* _What you are asked to do_
Whenever a line of the material contains the string "written", it should be copied.

* _Data section_
==*==

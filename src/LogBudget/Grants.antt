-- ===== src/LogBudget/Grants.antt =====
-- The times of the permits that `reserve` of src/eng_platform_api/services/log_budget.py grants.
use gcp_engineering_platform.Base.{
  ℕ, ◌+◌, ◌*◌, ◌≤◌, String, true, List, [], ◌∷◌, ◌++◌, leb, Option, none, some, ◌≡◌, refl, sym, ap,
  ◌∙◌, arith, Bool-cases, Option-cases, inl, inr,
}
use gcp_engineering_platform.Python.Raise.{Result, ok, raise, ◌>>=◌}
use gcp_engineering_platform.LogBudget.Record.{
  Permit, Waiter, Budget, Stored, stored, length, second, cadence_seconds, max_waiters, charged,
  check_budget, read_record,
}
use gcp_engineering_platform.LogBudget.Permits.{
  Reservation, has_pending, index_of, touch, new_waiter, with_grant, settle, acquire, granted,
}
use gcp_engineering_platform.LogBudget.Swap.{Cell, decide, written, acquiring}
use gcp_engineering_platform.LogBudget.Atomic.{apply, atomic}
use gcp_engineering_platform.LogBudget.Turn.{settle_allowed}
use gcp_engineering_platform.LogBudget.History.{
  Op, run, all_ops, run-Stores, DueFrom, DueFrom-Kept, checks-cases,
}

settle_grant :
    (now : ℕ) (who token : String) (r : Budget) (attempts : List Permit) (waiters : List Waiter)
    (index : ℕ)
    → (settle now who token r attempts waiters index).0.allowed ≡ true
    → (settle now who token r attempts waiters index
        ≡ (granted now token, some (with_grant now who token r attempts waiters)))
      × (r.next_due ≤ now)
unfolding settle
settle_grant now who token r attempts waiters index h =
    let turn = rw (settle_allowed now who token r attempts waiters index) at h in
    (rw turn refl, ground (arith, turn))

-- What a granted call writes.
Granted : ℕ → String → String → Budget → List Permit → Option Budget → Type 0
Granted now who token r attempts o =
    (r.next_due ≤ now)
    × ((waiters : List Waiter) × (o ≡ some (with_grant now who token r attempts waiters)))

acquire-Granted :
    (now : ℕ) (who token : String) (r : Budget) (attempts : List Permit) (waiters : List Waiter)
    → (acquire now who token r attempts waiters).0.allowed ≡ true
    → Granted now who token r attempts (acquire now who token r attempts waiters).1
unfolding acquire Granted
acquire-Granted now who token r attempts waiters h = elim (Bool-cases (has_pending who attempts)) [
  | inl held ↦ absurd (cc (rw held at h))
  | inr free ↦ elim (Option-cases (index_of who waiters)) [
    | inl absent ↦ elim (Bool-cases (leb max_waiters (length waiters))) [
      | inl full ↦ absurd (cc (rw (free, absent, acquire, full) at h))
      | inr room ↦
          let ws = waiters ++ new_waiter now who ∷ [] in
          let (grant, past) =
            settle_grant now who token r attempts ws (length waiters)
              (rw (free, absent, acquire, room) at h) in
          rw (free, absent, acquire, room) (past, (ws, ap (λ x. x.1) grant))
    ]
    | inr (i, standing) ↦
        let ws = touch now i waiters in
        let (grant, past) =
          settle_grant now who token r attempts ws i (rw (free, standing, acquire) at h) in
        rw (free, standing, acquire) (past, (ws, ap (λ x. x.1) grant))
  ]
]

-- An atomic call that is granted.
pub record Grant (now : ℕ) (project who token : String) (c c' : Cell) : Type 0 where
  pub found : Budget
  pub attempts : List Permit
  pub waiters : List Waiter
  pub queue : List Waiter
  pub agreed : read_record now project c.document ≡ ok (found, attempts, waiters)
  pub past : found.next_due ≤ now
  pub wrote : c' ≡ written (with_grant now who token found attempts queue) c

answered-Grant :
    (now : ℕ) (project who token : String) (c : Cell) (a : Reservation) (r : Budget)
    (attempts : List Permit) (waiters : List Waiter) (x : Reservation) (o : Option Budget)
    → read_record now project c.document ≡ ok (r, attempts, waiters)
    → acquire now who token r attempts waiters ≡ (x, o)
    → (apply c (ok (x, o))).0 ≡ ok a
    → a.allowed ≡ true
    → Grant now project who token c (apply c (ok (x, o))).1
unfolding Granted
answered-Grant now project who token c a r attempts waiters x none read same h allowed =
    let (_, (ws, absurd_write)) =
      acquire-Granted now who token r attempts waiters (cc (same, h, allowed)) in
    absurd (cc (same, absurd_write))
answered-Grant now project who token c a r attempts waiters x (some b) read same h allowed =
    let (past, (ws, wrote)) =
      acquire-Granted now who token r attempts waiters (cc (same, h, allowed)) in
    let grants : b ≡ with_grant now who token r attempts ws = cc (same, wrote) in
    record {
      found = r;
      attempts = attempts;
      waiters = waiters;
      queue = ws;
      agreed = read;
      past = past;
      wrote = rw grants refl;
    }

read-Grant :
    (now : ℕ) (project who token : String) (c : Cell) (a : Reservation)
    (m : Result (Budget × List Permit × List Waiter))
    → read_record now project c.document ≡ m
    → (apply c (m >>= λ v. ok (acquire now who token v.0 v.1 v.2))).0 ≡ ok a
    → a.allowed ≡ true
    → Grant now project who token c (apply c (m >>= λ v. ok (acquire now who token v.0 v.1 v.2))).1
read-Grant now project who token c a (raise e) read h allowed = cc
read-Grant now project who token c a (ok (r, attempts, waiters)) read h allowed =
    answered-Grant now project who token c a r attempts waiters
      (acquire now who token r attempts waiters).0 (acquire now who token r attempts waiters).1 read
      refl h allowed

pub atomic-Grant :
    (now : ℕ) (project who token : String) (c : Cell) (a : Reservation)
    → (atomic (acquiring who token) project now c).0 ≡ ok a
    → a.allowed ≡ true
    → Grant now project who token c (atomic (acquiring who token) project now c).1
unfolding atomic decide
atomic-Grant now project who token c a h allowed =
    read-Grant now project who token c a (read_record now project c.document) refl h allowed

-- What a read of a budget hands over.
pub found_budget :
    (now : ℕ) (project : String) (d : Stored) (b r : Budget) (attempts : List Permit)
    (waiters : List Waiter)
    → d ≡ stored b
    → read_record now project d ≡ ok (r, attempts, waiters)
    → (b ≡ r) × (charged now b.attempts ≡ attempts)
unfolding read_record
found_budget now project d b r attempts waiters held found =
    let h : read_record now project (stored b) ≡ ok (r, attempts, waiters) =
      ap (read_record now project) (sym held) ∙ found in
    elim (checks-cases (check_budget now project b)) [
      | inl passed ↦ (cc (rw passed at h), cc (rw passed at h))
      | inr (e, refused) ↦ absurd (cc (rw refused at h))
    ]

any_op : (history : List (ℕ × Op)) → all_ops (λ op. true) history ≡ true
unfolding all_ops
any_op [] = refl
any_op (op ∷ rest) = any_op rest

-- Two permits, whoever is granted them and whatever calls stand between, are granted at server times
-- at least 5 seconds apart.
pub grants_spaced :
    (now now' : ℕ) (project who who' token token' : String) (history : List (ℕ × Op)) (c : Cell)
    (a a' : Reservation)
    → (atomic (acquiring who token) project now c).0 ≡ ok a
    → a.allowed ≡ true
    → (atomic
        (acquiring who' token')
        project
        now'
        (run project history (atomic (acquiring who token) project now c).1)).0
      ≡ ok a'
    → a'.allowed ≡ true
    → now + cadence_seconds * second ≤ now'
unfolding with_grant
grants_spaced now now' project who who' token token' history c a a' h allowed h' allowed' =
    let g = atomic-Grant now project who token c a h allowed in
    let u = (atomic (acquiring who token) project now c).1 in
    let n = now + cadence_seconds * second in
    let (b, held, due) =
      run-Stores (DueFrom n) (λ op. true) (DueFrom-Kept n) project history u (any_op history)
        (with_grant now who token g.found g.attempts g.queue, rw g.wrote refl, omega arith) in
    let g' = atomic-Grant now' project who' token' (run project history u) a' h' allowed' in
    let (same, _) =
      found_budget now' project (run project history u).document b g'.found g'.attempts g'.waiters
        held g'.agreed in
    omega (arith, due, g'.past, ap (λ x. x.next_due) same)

==*==

* _Answer space_
use gcp_engineering_platform.LogBudget.Swap.{Cell, decide, written, acquiring}
  pub wrote : c' ≡ written (with_grant now who token found attempts queue) c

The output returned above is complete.